Desperate community associations are looking to the California FAIR Plan as a stopgap measure. Before opting for the California FAIR plan, a board should evaluate whether the FAIR plan coverage satisfies the requirements of the association’s governing documents and does the board satisfy its fiduciary obligations to the association and its members by securing fire insurance through the California FAIR Plan.

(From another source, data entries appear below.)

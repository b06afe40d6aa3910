-- ===== src/Simulator/Ready.antt =====
-- When the simulation is ready for its next event: its queue is in order, every state of the cell has a way
-- out in the queue, and no payload in it makes a handler raise.
pub mod Queue
pub mod Durations
pub mod Disturbances
pub mod Transitions
pub mod Callbacks
pub mod Breaks
pub mod Injection
pub mod Steps
pub mod Runs
pub mod Start
pub mod Clock
pub mod Order
pub mod Restart
use cell_oee_demo.Prelude.{
  ℕ, ◌≤◌, ◌<◌, ◌≡◌, Bool, true, false, ◌&&◌, Option, none, some, List, [], ◌∷◌, ◌==◌, if◌then◌else◌,
  any, All, is_some, ℤ,
}
use cell_oee_demo.Simulator.Valid.{IsForward, Forward}
use cell_oee_demo.Simulator.World.{World}
use cell_oee_demo.Simulator.Model.{
  CellState, producing, planned_stop, fault_station, uint32_range, TagChange,
}
use cell_oee_demo.Simulator.Config.{SimConfig}
use cell_oee_demo.Simulator.Faults.{Kind, fault_range}
use cell_oee_demo.Simulator.Shifts.{BreakWindow}
use cell_oee_demo.Simulator.Host.{
  StopKind, Payload, nothing, interruption, stopped, EventKind, kind_code, slot_end, interrupt,
  stop_end, break_start, break_end, heartbeat, chaos_freeze_start, chaos_freeze_end,
  chaos_counter_reset, Event,
}
use cell_oee_demo.Simulator.Cell.{Simulation}
use cell_oee_demo.Simulator.Cell.Handlers.{is_current}

abbrev pub Sure {ℓ} : {A : Type ℓ} → (A → Type 0) → Option A → Type 0
Sure P none = ⊥
Sure P (some x) = P x

module _ (w : World) where
  -- The events come in the order of their times, from a time on.
  abbrev pub SortedFrom : ℕ → List (Event w) → Type 0
  SortedFrom t [] = Unit
  SortedFrom t (e ∷ heap) = (t ≤ e.ts) × SortedFrom e.ts heap

  abbrev pub is_kind : EventKind → Event w → Bool
  is_kind kind e = kind_code e.kind == kind_code kind

  -- A callback of the current epoch.
  abbrev pub is_live : EventKind → ℕ → Event w → Bool
  is_live kind epoch e = is_kind kind e && is_current e.epoch epoch

  -- What ends the state of the cell.
  abbrev pub WayOut : CellState → ℕ → Bool → List (Event w) → Type 0
  WayOut producing epoch active heap = any (is_live slot_end epoch) heap ≡ true
  WayOut planned_stop epoch active heap = active ≡ true
  WayOut _ epoch active heap = any (is_live stop_end epoch) heap ≡ true

  -- The planned break ends if it has begun, and begins if it has not.
  abbrev pub NextBreak : Bool → List (Event w) → Type 0
  NextBreak true heap = any (is_kind break_end) heap ≡ true
  NextBreak false heap = any (is_kind break_start) heap ≡ true

  module _ (cfg : SimConfig w) where
    abbrev pub IsConfigured : Kind → Type 0
    IsConfigured (Kind.fault code) =
        (is_some (fault_station code) ≡ true) × (is_some (fault_range w cfg code) ≡ true)
    IsConfigured _ = Unit

    -- The payload is what the handler of the event asserts.
    abbrev pub IsKnown : EventKind → Payload w → Type 0
    IsKnown interrupt (interruption i) = IsConfigured i.kind
    IsKnown interrupt _ = ⊥
    IsKnown stop_end (stopped (StopKind.fault code)) = is_some (fault_station code) ≡ true
    IsKnown stop_end (stopped _) = Unit
    IsKnown stop_end _ = ⊥
    IsKnown chaos_freeze_start _ = is_some cfg.chaos.heartbeat_freeze ≡ true
    IsKnown chaos_freeze_end _ = is_some cfg.chaos.heartbeat_freeze ≡ true
    IsKnown chaos_counter_reset _ = is_some cfg.chaos.counter_reset_every ≡ true
    IsKnown _ _ = Unit

    abbrev pub AreKnown : List (Event w) → Type 0
    AreKnown heap = All (λ (e : Event w). IsKnown e.kind e.payload) heap

    -- All but the way out and the beat: the clock, the queue, the changes, the three counters, and the length and
    -- the rest of a slot.
    pub record Core (now : ℕ) (heap : List (Event w)) (changes : List (TagChange w))
        (good scrap beats : ℕ) (slot : ℤ) (len : w.F) : Type 0 where
      pub sorted : SortedFrom now heap
      pub known : AreKnown heap
      pub stamped : All (λ (c : TagChange w). c.ts ≡ now) changes
      pub good_bound : good < uint32_range
      pub scrap_bound : scrap < uint32_range
      pub beats_bound : beats < uint32_range
      pub slot_forward : IsForward slot
      pub len_forward : Forward w len

    abbrev pub CoreOf : Simulation w → Type 0
    CoreOf s =
        Core s.now s.heap s.changes s.cell.good s.cell.scrap s.cell.heartbeat s.cell.slot_remaining
          s.cell.slot_len

    abbrev pub HasBeat : Simulation w → Type 0
    HasBeat s = any (is_kind heartbeat) s.heap ≡ true

    abbrev pub HasBreak : Simulation w → Type 0
    HasBreak s = NextBreak s.cell.break_active s.heap × (is_some s.cell.break_window ≡ true)

    abbrev pub HasWay : Simulation w → Type 0
    HasWay s = WayOut s.cell.state s.cell.epoch s.cell.break_active s.heap

    -- Ready but for the way out of the cell's state.
    abbrev pub IsFree : Simulation w → Type 0
    IsFree s = CoreOf s × HasBeat s × HasBreak s

    abbrev pub IsReady : Simulation w → Type 0
    IsReady s = IsFree s × HasWay s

The California FAIR Plan is an association of all admitted insurers licensed to provide “basic property insurance” in California. The enumerated FAIR Plan’s purposes are:

(a) to assure stability in the property insurance market for property located in the State of California;

(b) to assure the availability of basic property insurance;

(c) to encourage maximum use, in obtaining basic property insurance, of the normal insurance market provided by admitted insurers and licensed surplus line brokers; and 

(d) to provide for the equitable distribution among admitted insurers of the responsibility for insuring qualified property for which basic property insurance cannot be obtained through the normal insurance market by the establishment of a FAIR Plan.

Due to a significant increase in wildfire claims in recent years, the “traditional” insurance market ceased writing new property insurance policies.  Many carriers have non-renewed a substantial number of property insurance policies in areas throughout the State exposed to wildfire risk.  This has resulted in a sharp increase in California consumers who must rely on the FAIR Plan as California’s insurer of last resort.  Not only is there a lack of available commercial property insurance in the “traditional” insurance market, but also, the State Insurance Commissioner recognized that the available FAIR plan coverage limits were insufficient to address California’s insurance needs. 

In July of this year, the California FAIR Plan and the California Insurance Commissioner reached an agreement that increases available FAIR Plan coverage from $20 million per location to policy limits to $20 million per structure, and an aggregate of $100 million per location. The agreement is part of California Insurance Commissioner Ricardo Lara’s “Sustainable Insurance Strategy,” which includes 1) Accessible Insurance for Californians; 2) Create a Resilient Insurance Market; and 3) Protect Communities from Climate Change. You can find details on the Commissioner’s Sustainable Insurance Strategy here

So what does this mean for California community associations?

While this agreement may provide an alternative solution to required fire insurance coverage, there are risks.  First, for communities whose governing documents require full-replacement value coverage, there is no guarantee that a FAIR plan policy will satisfy this requirement. The available funds may be limited in cases where a wide geographic location suffers a significant loss resulting in insufficient coverage to meet required repairs or replacement.  Second, the FAIR plan allows its insurers to surcharge policyholders if there is a large loss that dries up available funds and more money is needed to pay claims.  If losses exceed the FAIR Plans reserves, policyholders could be called upon to replenish the fund. According to Commissioner Lara, the FAIR Plan would allow losses suffered by the FAIR Plan to be recouped by surcharges on FAIR Plan policyholders. 

Despite its risks, for communities struggling to obtain fire insurance coverage, or that cannot afford the increased premium for a renewal, the FAIR plan may offer an interim solution. However, the board must conduct a thorough due diligence investigation to understand exactly what the association is covered for and to be able to communicate it to the members. 

  • Understand the type and level of insurance your community’s governing documents require.
  • Obtain as much information from your broker about the FAIR plan coverage proposed; what property is insured and what coverage limits are provided.
  • Seek guidance from counsel and an opinion as to whether the FAIR plan coverage complies with your governing documents and meets the Board’s fiduciary obligation to the association and its members.

Finally, as in all things community association, disclose!  Be transparent about the impact of the insurance crisis on your community, what options are available, and the insurance coverage the Board obtained and why.